The city on the Neva

St. Petersburg has long charmed the most sophisticated of visitors. Peter the Great founded it in 1703 on swampy islands at the mouth of the Baltic Sea to be Russia’s “window to the West,” and it reached its apogee under Catherine the Great.

The Soviet rulers, who changed its name to Leningrad in honor of the man they called father of the 1917 Red Revolution, promoted it as a “hero city” that survived a three-year Nazi siege during World War II, as well as their cultural capital.

Tourism is flourishing here, mainly in the summer, given the cold winter. And the line at the Hermitage’s entrance, with visitors from all over the world waiting to tour the museum’s more than 1,000 rooms, rarely disappears.

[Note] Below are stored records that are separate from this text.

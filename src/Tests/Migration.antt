-- ===== src/Tests/Migration.antt =====
-- A cluster with a highly available minio that is migrated to Rook's object store.
use ekco.Prelude.{ℕ, ◌≤◌, String, ◌≡◌, refl, ◌⊎◌, none, some, List, [], ◌∷◌, ◌++◌}
use ekco.Errors.{ok}
use ekco.Kube.{Workload, Endpoint, ObjectInfo, MigrationStatus, Call, Trace, Env}
use ekco.Objectstore.Sync.{copy_objects, sync_bucket, sync_buckets, sync_all_buckets}
use ekco.Objectstore.Sync.Copies.{AllCopied, clients, sync_all_buckets-copies}
use ekco.Objectstore.Usage.{is_minio_in_use}
use ekco.Migrate.ObjectStorage.{migrate_object_storage}
use ekco.Migrate.ObjectStorage.KeepsMinio.{
  removals, Moved, started, paused, migrate_object_storage-removals,
}
use ekco.Migrate.Status.{status_of, object_storage_and_pvcs}
use ekco.Migrate.Status.History.{history}
use ekco.Migrate.Status.Machine.{Run, object_storage_and_pvcs-Run}
use ekco.Util.Restart.{await, check_deployment, check_stateful_set}
use ekco.Util.Restart.Waits.{Ready, SettledDeployment, SettledStatefulSet, await-Settled}
use ekco.Cluster.Minio.{migrate_minio_data}
use ekco.Cluster.Minio.KeepsData.{cleanups, Switched, migrate_minio_data-Outcome}
use ekco.Cluster.Rebalance.{maybe_rebalance_minio_servers}
use ekco.Cluster.Rebalance.Safe.{losses}
use ekco.Cluster.Rebalance.Safe.Whole.{Rebalanced, maybe_rebalance-Outcome}
use ekco.Tests.Env.{nothing, env_with, tools_pod, ceph, master}
use ekco.Tests.Settings.{settings}

abbrev ha_minio : Workload
ha_minio = record {
  name = "ha-minio";
  labels = [];
  annotations = ("kurl.sh/desired-scale", "3") ∷ [];
  pod_annotations = [];
  replicas = some 3;
  node_selector = [];
  containers = [];
  priority_class_name = "";
  status = record {
    replicas = 3;
    ready_replicas = 3;
    available_replicas = 3;
    unavailable_replicas = 0;
    updated_replicas = 3;
  };
}

abbrev report_txt : ObjectInfo
report_txt = record {
  key = "report.txt";
  size = 12;
  content_type = "text/plain";
  content_encoding = "";
}

abbrev env : Env
env = env_with none (record nothing {
  nodes = ok (master ∷ []);
  pods = ok (record tools_pod { claim_names = "data" ∷ [] } ∷ []);
  cluster = ok ceph;
  secret = ok (record { name = "keys"; contents = [] });
  service = ok (record { name = "minio"; selector = []; cluster_ip = "10.96.0.1" });
  storage_class = ok (record { annotations = [] });
  stateful_set = ok ha_minio;
  buckets = ok ("backups" ∷ []);
  objects = report_txt ∷ [];
})

abbrev old_store : Endpoint
old_store = record { address = "10.1.0.1:9000"; access_key = "a"; secret_key = "b" }

abbrev new_store : Endpoint
new_store = record { address = "10.96.0.1"; access_key = "c"; secret_key = "d" }

abbrev copied_trace : Trace
copied_trace = (sync_all_buckets old_store new_store env []).1

synced : sync_all_buckets old_store new_store env [] ≡ (ok tt, copied_trace)
unfolding sync_all_buckets sync_buckets sync_bucket copy_objects
synced = refl

sync_all_buckets-copies_example :
    (buckets : List String) × (env.answer
        (Call.list_buckets old_store)
        (clients old_store new_store env [])
      ≡ ok buckets)
    × AllCopied old_store new_store env buckets copied_trace
sync_all_buckets-copies_example =
    sync_all_buckets-copies old_store new_store env [] copied_trace synced

migrate_object_storage-removals_example :
    (removals (migrate_object_storage "minio" env []).1 ≡ removals [])
    ⊎ Moved "minio" env
        (started "minio" env (paused "minio" env (is_minio_in_use "minio" env []).1))
migrate_object_storage-removals_example = migrate_object_storage-removals "minio" env []

object_storage_and_pvcs-Run_example :
    (new : List MigrationStatus) × (history (object_storage_and_pvcs settings env []).1
      ≡ new ++ history [])
    × Run settings env (status_of []) new
object_storage_and_pvcs-Run_example = object_storage_and_pvcs-Run settings env []

await-Settled_example :
    let seen = Call.get_stateful_set "minio" "ha-minio" ∷ [] in
    (await (check_deployment "minio" "ha-minio") 2 env [] ≡ (ok tt, seen)
      → (k : ℕ) × (k ≤ 2)
        × Ready (check_deployment "minio" "ha-minio") env k [] seen
        × ((v : Trace) × (w : Workload) × (seen ≡ Call.get_deployment "minio" "ha-minio" ∷ v)
            × (env.answer (Call.get_deployment "minio" "ha-minio") v ≡ ok w)
            × SettledDeployment w.status))
    × (await (check_stateful_set "minio" "ha-minio") 2 env [] ≡ (ok tt, seen)
        → (k : ℕ) × (k ≤ 2)
          × Ready (check_stateful_set "minio" "ha-minio") env k [] seen
          × ((v : Trace) × (w : Workload) × (seen ≡ Call.get_stateful_set "minio" "ha-minio" ∷ v)
              × (env.answer (Call.get_stateful_set "minio" "ha-minio") v ≡ ok w)
              × SettledStatefulSet w.status))
await-Settled_example =
    await-Settled "minio" "ha-minio" env 2 [] (Call.get_stateful_set "minio" "ha-minio" ∷ [])

migrate_minio_data-Outcome_example :
    (cleanups (migrate_minio_data "minio" env []).1 ≡ cleanups [])
    ⊎ ((before : Trace) × Switched "minio" env before)
migrate_minio_data-Outcome_example = migrate_minio_data-Outcome "minio" env []

maybe_rebalance-Outcome_example :
    (losses (maybe_rebalance_minio_servers "minio" env []).1 ≡ losses [])
    ⊎ Rebalanced "minio" env [] (maybe_rebalance_minio_servers "minio" env []).1
maybe_rebalance-Outcome_example = maybe_rebalance-Outcome "minio" env []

The city’s economy, however, is not performing as well as it could, Mr. Kvint said. It has attracted some foreign investment, but has not capitalized enough on what it has to offer, he said.

Jeffrey Letino, managing partner of the Eurasian Private Equity Group, an investment advisory firm in St. Petersburg, said that, while the city is a “decent-sized pond,” less competition than in Moscow makes it appealing to foreign businesses.

In addition, he said, political connections are not as important here as they are in Moscow, although “having good connections makes a difference anywhere.”

“St. Petersburg has always been a very tolerant city,” Gov. Valentina Matviyenko told foreign reporters here last month.

But residents and visitors who have lost family and friends to hate crimes beg to differ. A string of recent killings have prompted the press to pronounce the city a hotbed of the country’s rising xenophobia and racism.

An 8-year-old Tajik girl was killed in 2004. A Senegalese student was shot in April, and a Syrian student was pushed in front of a subway train. Press reports quoted witnesses as saying that youths shouted “Russia!” as they attacked the Syrian. Many other foreigners and dark-skinned immigrants have been beaten.

“Putin is trying to stop ethnic crimes, but the Duma has a different agenda,” Mr. Kvint said in reference to Russia’s parliament. “Many of its members are racists, and they are not hiding it.”